_WORK ITEM_
For the data below, give again exactly the lines from the one containing "(All-find_voter (λ v. InRange" through the one containing "let (os2, voted, same2, recounted)", both ends included, and no others.

[EXTRACTED RECORDS — start]

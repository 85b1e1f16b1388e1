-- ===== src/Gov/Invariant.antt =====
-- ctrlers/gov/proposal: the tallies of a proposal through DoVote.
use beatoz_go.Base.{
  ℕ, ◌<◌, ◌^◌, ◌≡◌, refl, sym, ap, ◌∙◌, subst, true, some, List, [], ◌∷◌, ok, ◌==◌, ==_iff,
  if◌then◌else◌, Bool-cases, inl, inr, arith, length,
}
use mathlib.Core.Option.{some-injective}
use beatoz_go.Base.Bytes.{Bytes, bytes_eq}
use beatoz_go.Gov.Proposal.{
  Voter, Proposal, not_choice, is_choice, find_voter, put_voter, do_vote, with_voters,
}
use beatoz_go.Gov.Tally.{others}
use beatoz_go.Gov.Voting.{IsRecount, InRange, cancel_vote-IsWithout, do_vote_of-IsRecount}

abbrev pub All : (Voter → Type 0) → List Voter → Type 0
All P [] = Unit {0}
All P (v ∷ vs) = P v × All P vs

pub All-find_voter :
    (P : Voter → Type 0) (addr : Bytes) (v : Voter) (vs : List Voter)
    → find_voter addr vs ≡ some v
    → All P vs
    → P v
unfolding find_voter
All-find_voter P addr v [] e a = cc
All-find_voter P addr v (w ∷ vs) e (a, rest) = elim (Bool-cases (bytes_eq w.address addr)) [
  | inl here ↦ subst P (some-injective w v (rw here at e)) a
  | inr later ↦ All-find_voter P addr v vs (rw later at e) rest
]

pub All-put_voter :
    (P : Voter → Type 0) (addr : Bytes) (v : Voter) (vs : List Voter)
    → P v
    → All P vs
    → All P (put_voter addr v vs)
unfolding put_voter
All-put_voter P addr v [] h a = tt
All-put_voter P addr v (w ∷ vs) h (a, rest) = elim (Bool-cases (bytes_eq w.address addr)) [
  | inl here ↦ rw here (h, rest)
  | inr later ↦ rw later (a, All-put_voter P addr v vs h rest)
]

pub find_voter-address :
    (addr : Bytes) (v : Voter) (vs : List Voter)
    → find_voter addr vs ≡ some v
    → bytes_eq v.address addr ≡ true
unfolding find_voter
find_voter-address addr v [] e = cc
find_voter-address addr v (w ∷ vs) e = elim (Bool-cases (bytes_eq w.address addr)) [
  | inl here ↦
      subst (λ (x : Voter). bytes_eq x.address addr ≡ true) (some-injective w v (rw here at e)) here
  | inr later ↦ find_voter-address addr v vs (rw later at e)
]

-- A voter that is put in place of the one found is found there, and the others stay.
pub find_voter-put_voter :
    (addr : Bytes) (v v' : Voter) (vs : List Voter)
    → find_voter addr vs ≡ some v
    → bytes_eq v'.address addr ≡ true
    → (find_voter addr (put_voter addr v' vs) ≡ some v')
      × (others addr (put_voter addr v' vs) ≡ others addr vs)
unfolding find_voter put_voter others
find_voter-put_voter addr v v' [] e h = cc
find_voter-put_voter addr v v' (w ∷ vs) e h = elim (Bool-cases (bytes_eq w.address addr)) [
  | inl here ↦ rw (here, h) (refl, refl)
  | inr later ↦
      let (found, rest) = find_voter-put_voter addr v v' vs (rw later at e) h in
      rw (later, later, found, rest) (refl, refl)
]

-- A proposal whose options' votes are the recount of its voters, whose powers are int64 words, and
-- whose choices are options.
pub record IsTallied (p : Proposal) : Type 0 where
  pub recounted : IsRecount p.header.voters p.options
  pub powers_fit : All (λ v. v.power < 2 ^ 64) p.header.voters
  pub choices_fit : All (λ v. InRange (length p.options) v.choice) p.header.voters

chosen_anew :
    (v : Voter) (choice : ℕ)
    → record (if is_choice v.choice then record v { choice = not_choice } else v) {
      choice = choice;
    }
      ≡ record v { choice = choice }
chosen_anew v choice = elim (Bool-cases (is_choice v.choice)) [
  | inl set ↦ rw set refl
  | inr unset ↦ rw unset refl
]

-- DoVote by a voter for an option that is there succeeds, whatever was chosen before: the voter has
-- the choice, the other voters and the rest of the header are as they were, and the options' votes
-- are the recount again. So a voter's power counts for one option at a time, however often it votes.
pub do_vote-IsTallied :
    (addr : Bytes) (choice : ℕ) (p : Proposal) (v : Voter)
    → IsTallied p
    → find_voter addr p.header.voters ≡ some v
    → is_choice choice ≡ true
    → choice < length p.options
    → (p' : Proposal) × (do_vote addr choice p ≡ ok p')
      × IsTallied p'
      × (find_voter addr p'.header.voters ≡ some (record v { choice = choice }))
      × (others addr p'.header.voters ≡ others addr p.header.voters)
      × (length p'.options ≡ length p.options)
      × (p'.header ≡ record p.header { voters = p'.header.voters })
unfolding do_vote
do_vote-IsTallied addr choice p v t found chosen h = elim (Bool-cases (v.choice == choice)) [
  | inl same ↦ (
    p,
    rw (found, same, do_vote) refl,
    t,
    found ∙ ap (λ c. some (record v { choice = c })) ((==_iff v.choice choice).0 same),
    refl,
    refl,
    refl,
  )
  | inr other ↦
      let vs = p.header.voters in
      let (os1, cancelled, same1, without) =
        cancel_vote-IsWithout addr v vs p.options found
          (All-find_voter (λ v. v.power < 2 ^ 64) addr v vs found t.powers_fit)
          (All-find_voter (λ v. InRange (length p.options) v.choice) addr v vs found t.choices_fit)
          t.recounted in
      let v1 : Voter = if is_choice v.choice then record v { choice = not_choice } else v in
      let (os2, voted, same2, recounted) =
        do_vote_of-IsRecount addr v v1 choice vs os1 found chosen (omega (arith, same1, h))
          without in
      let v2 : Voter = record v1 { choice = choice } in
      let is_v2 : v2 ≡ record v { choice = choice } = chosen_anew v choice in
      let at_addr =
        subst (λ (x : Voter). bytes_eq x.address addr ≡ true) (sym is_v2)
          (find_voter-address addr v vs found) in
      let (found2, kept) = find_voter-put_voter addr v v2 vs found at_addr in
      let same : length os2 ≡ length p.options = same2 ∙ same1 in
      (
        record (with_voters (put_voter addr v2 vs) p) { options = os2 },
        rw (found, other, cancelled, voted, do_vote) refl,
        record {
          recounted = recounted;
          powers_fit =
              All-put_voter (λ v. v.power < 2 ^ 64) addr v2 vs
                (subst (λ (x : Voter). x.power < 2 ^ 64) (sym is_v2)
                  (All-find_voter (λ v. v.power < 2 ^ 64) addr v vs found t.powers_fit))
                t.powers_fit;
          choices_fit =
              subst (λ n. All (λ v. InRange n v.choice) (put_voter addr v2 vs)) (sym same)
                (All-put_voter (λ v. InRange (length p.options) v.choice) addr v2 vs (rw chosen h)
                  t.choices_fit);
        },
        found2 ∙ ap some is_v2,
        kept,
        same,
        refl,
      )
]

[EXTRACTED RECORDS — finish]
[EXTRACTED RECORDS — start]

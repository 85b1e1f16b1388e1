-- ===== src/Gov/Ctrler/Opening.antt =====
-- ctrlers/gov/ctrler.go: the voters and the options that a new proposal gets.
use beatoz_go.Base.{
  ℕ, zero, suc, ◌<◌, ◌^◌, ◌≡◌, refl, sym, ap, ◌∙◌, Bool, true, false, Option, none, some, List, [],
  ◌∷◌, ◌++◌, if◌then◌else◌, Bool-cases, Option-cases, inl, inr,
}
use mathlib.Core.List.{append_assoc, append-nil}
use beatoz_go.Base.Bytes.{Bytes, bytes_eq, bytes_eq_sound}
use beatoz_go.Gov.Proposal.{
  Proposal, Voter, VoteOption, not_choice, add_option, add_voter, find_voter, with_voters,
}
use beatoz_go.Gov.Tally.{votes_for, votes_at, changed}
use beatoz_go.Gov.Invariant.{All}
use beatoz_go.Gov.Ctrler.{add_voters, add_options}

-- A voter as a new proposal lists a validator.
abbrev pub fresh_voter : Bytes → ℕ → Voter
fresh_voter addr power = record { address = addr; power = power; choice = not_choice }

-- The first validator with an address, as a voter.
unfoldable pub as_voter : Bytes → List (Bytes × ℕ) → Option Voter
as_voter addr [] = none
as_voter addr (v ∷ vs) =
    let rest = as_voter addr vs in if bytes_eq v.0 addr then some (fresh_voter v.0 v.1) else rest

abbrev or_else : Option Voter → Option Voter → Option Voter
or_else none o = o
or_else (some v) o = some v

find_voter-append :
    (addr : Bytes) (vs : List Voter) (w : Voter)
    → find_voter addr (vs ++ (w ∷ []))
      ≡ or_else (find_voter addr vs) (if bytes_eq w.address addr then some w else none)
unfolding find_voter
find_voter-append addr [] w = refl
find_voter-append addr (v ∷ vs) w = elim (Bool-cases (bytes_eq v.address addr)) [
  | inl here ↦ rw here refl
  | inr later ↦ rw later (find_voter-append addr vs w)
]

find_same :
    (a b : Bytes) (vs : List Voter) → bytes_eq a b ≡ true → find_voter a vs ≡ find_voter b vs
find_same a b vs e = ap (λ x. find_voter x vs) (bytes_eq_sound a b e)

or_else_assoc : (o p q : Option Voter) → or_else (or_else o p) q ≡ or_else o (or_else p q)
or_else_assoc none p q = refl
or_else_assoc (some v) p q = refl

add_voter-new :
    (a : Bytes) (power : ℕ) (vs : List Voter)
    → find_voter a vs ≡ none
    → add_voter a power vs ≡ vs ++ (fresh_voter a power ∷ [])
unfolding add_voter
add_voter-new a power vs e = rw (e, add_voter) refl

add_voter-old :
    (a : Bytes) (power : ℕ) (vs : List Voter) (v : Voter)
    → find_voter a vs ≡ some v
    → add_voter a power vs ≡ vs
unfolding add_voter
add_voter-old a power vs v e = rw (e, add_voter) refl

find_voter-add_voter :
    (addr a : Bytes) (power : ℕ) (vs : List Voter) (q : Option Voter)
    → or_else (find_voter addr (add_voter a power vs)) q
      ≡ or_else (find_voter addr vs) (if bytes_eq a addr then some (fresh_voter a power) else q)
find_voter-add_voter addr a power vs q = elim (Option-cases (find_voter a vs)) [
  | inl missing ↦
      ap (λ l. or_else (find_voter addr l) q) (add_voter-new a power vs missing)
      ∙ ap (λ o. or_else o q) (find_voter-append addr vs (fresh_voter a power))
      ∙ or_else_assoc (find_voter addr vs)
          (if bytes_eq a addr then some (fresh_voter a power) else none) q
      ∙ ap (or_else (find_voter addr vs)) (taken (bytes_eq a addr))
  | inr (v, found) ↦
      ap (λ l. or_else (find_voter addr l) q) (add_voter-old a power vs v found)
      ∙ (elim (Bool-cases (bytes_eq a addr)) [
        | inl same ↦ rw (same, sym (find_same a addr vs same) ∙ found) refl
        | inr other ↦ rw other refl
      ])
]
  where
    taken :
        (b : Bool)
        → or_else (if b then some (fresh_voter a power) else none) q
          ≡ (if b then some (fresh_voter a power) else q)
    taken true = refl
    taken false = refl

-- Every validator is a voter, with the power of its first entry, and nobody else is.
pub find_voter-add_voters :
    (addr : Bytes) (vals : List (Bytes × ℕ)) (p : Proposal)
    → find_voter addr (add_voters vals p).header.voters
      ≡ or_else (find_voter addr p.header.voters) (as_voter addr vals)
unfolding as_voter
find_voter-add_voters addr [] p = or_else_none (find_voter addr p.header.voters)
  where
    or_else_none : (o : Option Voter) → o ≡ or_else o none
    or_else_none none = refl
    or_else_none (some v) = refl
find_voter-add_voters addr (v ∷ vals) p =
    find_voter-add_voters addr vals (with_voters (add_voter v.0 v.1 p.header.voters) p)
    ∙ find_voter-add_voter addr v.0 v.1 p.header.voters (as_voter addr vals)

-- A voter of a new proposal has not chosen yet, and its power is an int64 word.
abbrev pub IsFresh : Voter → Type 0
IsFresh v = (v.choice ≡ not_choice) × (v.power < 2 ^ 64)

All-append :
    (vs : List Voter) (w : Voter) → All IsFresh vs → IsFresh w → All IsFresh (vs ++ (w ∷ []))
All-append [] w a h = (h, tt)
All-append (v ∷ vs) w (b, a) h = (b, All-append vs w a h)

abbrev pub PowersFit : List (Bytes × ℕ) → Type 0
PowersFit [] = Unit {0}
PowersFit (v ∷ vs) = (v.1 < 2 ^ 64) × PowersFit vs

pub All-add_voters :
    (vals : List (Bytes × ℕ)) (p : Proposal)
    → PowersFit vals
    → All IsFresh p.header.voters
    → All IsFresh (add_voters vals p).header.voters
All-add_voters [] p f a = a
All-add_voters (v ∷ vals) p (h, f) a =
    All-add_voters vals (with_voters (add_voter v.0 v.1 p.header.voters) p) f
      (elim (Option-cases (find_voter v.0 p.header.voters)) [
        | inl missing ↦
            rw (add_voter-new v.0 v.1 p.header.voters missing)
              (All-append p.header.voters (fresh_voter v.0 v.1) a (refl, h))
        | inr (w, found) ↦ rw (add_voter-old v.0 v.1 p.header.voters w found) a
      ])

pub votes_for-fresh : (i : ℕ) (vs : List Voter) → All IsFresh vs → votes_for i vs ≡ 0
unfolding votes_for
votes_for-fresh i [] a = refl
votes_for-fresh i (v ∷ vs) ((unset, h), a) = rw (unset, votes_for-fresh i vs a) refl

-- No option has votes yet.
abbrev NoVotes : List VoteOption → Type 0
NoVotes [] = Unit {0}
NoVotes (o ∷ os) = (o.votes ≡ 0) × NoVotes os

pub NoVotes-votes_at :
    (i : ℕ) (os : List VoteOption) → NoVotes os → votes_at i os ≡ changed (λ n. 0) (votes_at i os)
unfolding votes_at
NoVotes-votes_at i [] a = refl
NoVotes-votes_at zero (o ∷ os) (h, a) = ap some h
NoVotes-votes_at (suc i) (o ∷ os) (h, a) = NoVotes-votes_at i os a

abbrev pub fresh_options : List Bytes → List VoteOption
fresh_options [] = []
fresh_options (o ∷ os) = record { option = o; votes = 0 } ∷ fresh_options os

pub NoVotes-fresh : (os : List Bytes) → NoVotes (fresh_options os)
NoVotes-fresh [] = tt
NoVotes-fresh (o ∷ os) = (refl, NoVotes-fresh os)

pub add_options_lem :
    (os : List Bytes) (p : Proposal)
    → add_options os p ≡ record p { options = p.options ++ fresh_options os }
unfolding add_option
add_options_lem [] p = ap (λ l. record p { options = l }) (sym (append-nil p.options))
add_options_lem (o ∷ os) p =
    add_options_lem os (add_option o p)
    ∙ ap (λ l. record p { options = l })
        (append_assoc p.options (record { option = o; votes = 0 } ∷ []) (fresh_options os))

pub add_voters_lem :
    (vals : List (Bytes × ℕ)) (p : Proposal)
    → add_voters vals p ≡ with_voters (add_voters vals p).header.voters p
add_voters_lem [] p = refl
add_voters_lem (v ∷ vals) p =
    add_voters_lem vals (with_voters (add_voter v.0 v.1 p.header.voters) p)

[EXTRACTED RECORDS — finish]

_ANSWER BELOW_
          (All-find_voter (λ v. InRange (length p.options) v.choice) addr v vs found t.choices_fit)
          t.recounted in
      let v1 : Voter = if is_choice v.choice then record v { choice = not_choice } else v in
      let (os2, voted, same2, recounted) =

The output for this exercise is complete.